DIRECTIONS FOR THIS TASK — In the material below, which lines hold the word "UConn"? Pick each one out.
****
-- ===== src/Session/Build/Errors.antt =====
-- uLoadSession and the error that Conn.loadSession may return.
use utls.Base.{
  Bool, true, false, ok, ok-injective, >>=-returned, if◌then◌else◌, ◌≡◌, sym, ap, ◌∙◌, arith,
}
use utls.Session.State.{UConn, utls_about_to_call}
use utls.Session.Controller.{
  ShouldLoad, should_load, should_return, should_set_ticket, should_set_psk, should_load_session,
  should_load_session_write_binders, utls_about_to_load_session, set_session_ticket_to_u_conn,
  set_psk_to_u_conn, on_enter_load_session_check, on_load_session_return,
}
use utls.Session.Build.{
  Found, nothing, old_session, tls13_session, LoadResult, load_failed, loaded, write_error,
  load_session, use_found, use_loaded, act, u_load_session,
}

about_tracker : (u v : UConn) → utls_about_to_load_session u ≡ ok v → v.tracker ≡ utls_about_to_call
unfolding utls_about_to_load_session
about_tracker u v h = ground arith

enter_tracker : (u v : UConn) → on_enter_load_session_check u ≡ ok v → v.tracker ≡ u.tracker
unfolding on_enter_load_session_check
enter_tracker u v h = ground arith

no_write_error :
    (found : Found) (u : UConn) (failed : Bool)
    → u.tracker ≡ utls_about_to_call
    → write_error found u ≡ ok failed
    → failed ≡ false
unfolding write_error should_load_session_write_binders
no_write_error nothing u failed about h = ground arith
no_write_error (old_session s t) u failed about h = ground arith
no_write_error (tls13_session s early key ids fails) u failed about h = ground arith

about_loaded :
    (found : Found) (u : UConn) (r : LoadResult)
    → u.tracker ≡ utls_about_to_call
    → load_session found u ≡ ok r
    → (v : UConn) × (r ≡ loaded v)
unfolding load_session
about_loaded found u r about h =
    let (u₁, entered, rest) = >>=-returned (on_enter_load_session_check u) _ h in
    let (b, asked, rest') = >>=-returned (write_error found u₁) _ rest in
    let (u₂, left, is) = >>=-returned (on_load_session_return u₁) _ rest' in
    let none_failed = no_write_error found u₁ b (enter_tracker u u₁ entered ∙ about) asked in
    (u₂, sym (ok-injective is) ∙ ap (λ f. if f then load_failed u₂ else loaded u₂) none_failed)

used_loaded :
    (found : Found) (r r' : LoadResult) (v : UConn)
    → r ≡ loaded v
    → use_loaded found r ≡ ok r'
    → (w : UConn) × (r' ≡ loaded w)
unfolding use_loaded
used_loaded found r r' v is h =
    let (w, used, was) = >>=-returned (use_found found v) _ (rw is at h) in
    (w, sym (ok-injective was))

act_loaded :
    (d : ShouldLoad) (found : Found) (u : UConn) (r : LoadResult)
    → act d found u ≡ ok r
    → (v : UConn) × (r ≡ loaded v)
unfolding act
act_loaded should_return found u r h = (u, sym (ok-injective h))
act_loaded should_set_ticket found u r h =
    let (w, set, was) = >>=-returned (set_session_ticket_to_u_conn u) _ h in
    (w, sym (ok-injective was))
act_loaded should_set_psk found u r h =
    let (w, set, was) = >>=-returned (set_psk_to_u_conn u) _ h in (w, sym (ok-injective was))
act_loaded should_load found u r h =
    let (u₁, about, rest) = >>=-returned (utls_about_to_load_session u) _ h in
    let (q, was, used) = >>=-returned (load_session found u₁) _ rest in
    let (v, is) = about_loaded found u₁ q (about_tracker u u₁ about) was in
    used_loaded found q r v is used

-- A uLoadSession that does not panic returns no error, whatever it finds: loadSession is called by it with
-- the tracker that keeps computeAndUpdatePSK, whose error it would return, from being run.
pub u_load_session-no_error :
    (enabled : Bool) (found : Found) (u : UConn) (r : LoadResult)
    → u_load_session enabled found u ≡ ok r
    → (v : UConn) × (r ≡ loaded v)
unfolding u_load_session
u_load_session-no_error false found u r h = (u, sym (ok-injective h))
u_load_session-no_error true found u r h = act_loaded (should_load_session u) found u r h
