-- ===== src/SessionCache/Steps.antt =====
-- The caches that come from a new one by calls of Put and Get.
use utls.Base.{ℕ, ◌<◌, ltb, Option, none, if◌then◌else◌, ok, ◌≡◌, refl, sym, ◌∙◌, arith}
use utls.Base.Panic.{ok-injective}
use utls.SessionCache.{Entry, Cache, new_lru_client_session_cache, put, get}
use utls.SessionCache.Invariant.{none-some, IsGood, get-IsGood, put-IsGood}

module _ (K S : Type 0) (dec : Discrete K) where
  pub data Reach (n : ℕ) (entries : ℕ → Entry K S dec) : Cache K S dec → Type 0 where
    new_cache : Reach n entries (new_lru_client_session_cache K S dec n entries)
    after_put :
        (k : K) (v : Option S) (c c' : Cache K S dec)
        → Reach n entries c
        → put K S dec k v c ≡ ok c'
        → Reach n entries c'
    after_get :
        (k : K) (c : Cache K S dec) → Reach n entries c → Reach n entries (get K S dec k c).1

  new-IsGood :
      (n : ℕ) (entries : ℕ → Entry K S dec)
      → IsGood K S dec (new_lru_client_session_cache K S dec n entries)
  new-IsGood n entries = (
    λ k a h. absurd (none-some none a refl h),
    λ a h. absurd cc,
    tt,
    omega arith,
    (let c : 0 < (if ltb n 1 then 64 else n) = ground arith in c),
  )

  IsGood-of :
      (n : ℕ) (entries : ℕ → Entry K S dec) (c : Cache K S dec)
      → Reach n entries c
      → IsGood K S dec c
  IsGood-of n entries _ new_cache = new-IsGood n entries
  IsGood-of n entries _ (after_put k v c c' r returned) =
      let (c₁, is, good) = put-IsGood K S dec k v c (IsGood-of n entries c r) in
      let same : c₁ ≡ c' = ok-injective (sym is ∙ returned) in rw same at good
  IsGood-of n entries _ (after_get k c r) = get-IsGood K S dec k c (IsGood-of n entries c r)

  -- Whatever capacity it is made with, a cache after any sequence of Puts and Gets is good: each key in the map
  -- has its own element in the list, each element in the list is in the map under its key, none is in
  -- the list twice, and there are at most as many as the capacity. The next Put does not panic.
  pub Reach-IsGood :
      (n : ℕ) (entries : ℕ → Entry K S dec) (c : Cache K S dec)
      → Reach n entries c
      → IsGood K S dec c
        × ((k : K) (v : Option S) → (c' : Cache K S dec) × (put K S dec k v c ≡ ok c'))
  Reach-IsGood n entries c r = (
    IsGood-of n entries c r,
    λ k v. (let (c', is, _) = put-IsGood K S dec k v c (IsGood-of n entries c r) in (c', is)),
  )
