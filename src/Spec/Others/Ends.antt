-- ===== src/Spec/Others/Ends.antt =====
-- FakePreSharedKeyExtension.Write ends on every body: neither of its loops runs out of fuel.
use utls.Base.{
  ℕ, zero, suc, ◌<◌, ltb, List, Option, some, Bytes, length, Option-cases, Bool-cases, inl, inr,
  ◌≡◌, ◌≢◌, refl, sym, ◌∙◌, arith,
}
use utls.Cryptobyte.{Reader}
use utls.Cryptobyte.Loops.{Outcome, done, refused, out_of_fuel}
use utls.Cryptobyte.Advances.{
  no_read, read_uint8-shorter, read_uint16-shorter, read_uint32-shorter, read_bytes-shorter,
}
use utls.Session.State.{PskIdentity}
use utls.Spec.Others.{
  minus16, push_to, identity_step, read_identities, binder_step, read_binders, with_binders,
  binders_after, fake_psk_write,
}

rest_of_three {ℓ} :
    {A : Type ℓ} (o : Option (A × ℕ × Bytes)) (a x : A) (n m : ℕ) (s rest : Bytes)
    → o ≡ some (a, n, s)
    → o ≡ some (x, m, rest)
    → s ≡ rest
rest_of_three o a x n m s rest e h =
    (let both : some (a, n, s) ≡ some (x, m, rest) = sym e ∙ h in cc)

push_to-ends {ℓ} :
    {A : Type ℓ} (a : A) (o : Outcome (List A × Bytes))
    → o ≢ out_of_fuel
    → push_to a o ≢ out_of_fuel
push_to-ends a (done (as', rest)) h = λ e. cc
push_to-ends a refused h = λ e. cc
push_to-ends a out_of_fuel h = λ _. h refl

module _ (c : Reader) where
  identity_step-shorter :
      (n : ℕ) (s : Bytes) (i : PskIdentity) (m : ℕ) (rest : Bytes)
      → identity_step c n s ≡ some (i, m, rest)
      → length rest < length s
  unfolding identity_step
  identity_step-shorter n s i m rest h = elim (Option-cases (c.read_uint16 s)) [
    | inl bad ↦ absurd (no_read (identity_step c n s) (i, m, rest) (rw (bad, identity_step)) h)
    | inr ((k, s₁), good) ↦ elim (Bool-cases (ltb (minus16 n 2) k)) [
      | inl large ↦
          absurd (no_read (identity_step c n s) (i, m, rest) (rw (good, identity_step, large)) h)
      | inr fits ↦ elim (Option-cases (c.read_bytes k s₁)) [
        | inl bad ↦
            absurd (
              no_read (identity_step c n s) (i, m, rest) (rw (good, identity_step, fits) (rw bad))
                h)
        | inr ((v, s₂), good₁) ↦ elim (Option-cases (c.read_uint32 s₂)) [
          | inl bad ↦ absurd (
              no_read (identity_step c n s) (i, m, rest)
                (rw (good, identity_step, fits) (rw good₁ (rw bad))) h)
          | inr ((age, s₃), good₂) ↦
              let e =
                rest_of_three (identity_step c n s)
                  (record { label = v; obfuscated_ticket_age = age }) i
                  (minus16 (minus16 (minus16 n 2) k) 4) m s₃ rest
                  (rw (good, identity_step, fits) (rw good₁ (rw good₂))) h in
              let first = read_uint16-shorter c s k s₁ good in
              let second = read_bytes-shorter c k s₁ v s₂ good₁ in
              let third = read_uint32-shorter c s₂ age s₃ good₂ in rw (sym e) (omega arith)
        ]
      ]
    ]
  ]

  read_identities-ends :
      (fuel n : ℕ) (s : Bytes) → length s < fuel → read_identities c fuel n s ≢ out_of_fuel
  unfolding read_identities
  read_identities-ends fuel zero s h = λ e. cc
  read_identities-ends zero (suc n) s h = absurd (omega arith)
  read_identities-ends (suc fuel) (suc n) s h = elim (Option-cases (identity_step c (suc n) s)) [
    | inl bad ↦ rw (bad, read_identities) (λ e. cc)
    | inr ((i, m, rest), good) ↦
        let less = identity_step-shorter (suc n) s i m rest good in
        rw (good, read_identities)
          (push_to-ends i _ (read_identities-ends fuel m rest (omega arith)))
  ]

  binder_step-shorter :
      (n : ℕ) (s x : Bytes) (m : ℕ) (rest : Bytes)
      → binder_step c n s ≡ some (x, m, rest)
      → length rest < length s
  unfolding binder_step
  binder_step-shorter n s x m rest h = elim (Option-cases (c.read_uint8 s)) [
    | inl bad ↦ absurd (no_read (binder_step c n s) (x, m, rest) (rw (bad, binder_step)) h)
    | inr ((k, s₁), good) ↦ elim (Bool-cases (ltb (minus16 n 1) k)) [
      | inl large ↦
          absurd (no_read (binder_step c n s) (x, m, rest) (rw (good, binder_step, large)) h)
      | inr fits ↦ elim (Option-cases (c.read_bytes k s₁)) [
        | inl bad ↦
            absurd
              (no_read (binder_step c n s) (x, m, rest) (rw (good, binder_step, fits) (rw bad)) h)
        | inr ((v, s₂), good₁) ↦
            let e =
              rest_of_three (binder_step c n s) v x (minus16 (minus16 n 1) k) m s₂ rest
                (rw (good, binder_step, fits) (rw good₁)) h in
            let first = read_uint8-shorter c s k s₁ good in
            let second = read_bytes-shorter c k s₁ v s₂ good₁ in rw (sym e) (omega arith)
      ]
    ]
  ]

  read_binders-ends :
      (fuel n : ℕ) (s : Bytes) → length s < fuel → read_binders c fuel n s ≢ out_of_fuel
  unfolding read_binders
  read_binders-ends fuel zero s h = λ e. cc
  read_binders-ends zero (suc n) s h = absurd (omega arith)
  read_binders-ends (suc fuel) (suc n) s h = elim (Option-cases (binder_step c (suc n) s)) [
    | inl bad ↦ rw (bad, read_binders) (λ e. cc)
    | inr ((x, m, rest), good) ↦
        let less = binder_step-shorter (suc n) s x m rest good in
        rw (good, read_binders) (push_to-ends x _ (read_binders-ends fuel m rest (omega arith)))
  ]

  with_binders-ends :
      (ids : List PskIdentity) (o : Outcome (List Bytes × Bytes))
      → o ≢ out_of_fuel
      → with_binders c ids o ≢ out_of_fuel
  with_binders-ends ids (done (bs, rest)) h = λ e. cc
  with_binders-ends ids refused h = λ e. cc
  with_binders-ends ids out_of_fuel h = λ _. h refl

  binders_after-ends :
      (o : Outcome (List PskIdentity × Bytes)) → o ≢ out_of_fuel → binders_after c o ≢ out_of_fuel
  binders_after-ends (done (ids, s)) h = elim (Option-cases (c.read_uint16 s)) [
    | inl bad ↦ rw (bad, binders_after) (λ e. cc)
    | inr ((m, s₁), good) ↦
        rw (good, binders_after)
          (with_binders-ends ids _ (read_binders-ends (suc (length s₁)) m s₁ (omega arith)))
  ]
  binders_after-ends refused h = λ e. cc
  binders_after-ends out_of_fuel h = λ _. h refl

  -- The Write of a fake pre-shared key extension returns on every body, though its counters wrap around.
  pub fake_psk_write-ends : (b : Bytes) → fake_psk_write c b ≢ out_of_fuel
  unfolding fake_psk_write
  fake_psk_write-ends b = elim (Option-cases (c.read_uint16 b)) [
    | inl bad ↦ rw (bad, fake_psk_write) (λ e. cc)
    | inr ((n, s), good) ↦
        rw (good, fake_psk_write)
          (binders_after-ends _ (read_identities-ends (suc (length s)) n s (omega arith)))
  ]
****
COMPLETED TASK —
use utls.Session.State.{UConn, utls_about_to_call}
about_tracker : (u v : UConn) → utls_about_to_load_session u ≡ ok v → v.tracker ≡ utls_about_to_call
enter_tracker : (u v : UConn) → on_enter_load_session_check u ≡ ok v → v.tracker ≡ u.tracker
    (found : Found) (u : UConn) (failed : Bool)
    (found : Found) (u : UConn) (r : LoadResult)
    → (v : UConn) × (r ≡ loaded v)
    (found : Found) (r r' : LoadResult) (v : UConn)
    → (w : UConn) × (r' ≡ loaded w)
    (d : ShouldLoad) (found : Found) (u : UConn) (r : LoadResult)
    → (v : UConn) × (r ≡ loaded v)
    (enabled : Bool) (found : Found) (u : UConn) (r : LoadResult)
    → (v : UConn) × (r ≡ loaded v)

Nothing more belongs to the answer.